[Saved entries]
+ + + + +
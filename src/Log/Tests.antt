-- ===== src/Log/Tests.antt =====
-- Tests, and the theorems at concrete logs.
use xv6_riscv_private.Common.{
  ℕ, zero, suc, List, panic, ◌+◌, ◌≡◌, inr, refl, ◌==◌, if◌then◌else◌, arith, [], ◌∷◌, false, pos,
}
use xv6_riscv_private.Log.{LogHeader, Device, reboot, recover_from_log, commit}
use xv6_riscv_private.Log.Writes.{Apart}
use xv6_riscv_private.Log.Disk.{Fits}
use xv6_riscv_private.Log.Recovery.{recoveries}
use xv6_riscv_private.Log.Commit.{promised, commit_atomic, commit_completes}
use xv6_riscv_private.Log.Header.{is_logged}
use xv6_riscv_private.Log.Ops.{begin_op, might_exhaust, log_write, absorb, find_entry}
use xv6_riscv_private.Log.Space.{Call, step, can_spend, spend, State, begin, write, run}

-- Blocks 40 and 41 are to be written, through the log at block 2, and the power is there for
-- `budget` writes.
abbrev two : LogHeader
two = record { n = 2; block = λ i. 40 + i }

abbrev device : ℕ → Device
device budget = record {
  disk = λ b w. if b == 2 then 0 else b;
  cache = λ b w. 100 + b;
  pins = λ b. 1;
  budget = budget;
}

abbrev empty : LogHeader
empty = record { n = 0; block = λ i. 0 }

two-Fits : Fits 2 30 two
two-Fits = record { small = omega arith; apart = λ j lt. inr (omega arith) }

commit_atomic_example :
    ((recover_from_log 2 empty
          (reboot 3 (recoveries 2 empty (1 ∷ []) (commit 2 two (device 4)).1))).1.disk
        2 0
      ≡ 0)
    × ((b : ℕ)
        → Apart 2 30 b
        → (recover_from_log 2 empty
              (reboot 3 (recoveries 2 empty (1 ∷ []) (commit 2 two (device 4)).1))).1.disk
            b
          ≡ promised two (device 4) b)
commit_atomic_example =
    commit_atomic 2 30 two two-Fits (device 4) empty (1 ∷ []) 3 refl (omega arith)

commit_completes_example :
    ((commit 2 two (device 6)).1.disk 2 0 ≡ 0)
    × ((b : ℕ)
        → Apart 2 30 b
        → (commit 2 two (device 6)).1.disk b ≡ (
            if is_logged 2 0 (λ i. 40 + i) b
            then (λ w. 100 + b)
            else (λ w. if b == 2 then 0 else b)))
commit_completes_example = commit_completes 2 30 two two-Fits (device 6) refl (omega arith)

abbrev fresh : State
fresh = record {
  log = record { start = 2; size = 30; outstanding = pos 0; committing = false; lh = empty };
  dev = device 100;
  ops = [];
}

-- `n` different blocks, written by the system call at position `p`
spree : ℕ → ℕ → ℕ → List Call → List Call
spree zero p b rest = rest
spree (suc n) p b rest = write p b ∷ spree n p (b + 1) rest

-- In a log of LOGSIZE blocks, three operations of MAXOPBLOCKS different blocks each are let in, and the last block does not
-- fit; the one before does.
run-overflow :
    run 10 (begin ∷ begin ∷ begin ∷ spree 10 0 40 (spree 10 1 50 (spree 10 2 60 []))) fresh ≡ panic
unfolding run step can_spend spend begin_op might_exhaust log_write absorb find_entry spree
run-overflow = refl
+ + + + +
**EXERCISE INSTRUCTIONS**
Among the lines above, find those with the string "budget" and copy them.

**SOLVED PROBLEM**
-- `budget` writes.
device budget = record {
  budget = budget;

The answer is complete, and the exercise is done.